This is a game-changing announcement. At least I will have some fresh material for my next “State of the Source” talk.

EPL is a solid license, approved by both the FSF and OSI. That makes it both “free” and “open source”.  It is the license of choice for the OHT which will be hosting the code base. It is specifically designed to handle a project that has a FOSS core that will not be a threat to proprietary modules. Since DSS will be a hyrid proprietary/FOSS company for the foreseeable future, the reason for choosing the EPL should be obvious. So far, OHT has done little of substance, given the caliber of partners and resources that it has.  Many of us have been wondering when OHT would do something significant.

The fact that DSS has chosen to release its code through OHT brings a new relevance to OHT. There should be no confusion however; OHT is relevant because it is working to release DSS code, not the other way around. The code that DSS is releasing has the potential to be vastly more valuable than anything OHT has even attempted.

I want to point out that the devil is in the details.
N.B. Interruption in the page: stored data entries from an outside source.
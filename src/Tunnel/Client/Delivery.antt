-- ===== src/Tunnel/Client/Delivery.antt =====
-- pkg/tunnel/isannd_client.go: a frame goes out when the network is up, over a new connection if the
-- client has none.
use servers.Base.{
  ◌≤◌, be32, length, ℕ, ◌+◌, ◌≡◌, refl, inl, inr, true, false, List, [], ◌∷◌, ◌++◌, none, some,
  Text, codes, eqt_iff, is_empty, append_assoc, ok, Option-cases, arith,
}
use servers.Tunnel.Message.{RendezvousMsg}
use servers.Tunnel.Client.{
  Network, IsanndClient, bare_msg, encode_frame, write_bytes, write_on, dial_and_hello, ensure_conn,
  claim, send_on, write_msg,
}

-- Isannd answers and its sockets take what is written.
pub record IsUp (net : Network) : Type 0 where
  pub answered : (n : ℕ) → net.answers n ≡ true
  pub taken : (n : ℕ) (bytes : Text) → length bytes ≤ net.takes n bytes

-- The message has a JSON text that is no larger than a frame may be.
abbrev pub Fits : Network → RendezvousMsg → Type 0
Fits net msg = (json : Text) × (encode_frame net.codec msg ≡ ok json)

-- A client after the two writes of a frame.
both_writes : Network → ℕ → Text → IsanndClient → IsanndClient
both_writes net k json c = (write_bytes net k json (write_bytes net k (be32 (length json)) c).0).0

abbrev written : Network → ℕ → RendezvousMsg → Text → IsanndClient → IsanndClient
written net k msg json c = record (both_writes net k json c) {
  wire = (both_writes net k json c).wire ++ ((k, msg) ∷ []);
}

write_bytes-IsUp :
    (net : Network) (k : ℕ) (bytes : Text) (c : IsanndClient)
    → IsUp net
    → (write_bytes net k bytes c).1 ≡ true
unfolding write_bytes
write_bytes-IsUp net k bytes c up = ground (arith, up.taken c.attempts bytes)

write_on-IsUp :
    (net : Network) (k : ℕ) (msg : RendezvousMsg) (json : Text) (c : IsanndClient)
    → IsUp net
    → encode_frame net.codec msg ≡ ok json
    → write_on net k msg c ≡ (written net k msg json c, true)
unfolding write_on both_writes
write_on-IsUp net k msg json c up fits =
    let d = (write_bytes net k (be32 (length json)) c).0 in
    rw
      (
        write_on,
        fits,
        write_bytes-IsUp net k (be32 (length json)) c up,
        write_bytes-IsUp net k json d up,
      )
      refl

abbrev pub greeting : IsanndClient → RendezvousMsg
greeting c = bare_msg (codes "hello") c.hello_id c.hello_role

abbrev dialled : IsanndClient → IsanndClient
dialled c = record c { conn = none; attempts = c.attempts + 1 }

abbrev greeted : Network → Text → IsanndClient → IsanndClient
greeted net json c = record (written net c.attempts (greeting c) json (dialled c)) {
  conn = some c.attempts;
}

dial_and_hello-IsUp :
    (net : Network) (json : Text) (c : IsanndClient)
    → IsUp net
    → encode_frame net.codec (greeting c) ≡ ok json
    → is_empty c.hello_id ≡ false
    → dial_and_hello net c ≡ (greeted net json c, ok tt)
unfolding dial_and_hello
dial_and_hello-IsUp net json c up fits known =
    rw (dial_and_hello, known, up.answered c.attempts)
      (rw (write_on-IsUp net c.attempts (greeting c) json (dialled c) up fits) refl)

-- What a client is after it wrote the frame.
delivered : Network → RendezvousMsg → Text → Text → IsanndClient → IsanndClient
delivered net msg json hello c = elim c.conn [
  | some k ↦ written net k msg json c
  | none ↦ written net c.attempts msg json (greeted net hello c)
]

send_on-IsUp :
    (net : Network) (msg : RendezvousMsg) (json hello : Text) (c : IsanndClient)
    → IsUp net
    → encode_frame net.codec msg ≡ ok json
    → encode_frame net.codec (greeting c) ≡ ok hello
    → is_empty c.hello_id ≡ false
    → send_on net msg c ≡ (delivered net msg json hello c, ok tt)
unfolding send_on ensure_conn delivered
send_on-IsUp net msg json hello c up fits fits_hello known = elim (Option-cases c.conn) [
  | inr (k, h) ↦ ground (arith, write_on-IsUp net k msg json c up fits)
  | inl h ↦ ground (
    arith,
    dial_and_hello-IsUp net hello c up fits_hello known,
    write_on-IsUp net c.attempts msg json (greeted net hello c) up fits,
  )
]

claim-own :
    (msg : RendezvousMsg) (c : IsanndClient)
    → c.hello_id ≡ msg.id
    → is_empty c.hello_id ≡ false
    → claim msg c ≡ some c
unfolding claim
claim-own msg c same known = ground (arith, eqt_iff c.hello_id msg.id)

-- The connection that the client has, or will dial.
abbrev pub channel : IsanndClient → ℕ
channel c = elim c.conn [ some k ↦ k | none ↦ c.attempts ]

abbrev pub preamble : IsanndClient → List (ℕ × RendezvousMsg)
preamble c = elim c.conn [ some k ↦ [] | none ↦ (c.attempts, greeting c) ∷ [] ]

-- While isannd answers and takes what is written, a client that has an identity succeeds with each
-- frame of that identity that fits: the frame stands at the end of what was written, on the client's
-- connection, behind a hello alone if the client had to dial. It is so in every state of the client,
-- whether it has been closed or not.
pub write_msg_delivers :
    (net : Network) (msg : RendezvousMsg) (c : IsanndClient)
    → IsUp net
    → Fits net msg
    → Fits net (greeting c)
    → is_empty c.hello_id ≡ false
    → c.hello_id ≡ msg.id
    → ((write_msg net msg c).1 ≡ ok tt)
      × ((write_msg net msg c).0.conn ≡ some (channel c))
      × ((write_msg net msg c).0.wire ≡ c.wire ++ (preamble c ++ ((channel c, msg) ∷ [])))
unfolding write_msg delivered both_writes write_bytes
write_msg_delivers net msg c up (json, fits) (hello, fits_hello) known same =
    let sent = send_on-IsUp net msg json hello c up fits fits_hello known in
    let own = claim-own msg c same known in
    elim (Option-cases c.conn) [
      | inr (k, h) ↦ (ground arith, ground arith, ground arith)
      | inl h ↦ (
        ground arith,
        ground arith,
        ground
            (arith, append_assoc c.wire ((c.attempts, greeting c) ∷ []) ((c.attempts, msg) ∷ [])),
      )
    ]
I have been assured by DSS President Mark Byers that the release will be significant, but I am not enough of a VistA expert to be able to determine to what degree this is true, even when DSS clarifies what they are releasing.  Because so much is available in FOIA VistA it might be difficult for a novice like myself to determine what the real value of DSS really is. Thankfully, the Hardhats community will quickly asses the value of the DSS release, and let MUMPS-outsiders like myself in on the evaluation in short order.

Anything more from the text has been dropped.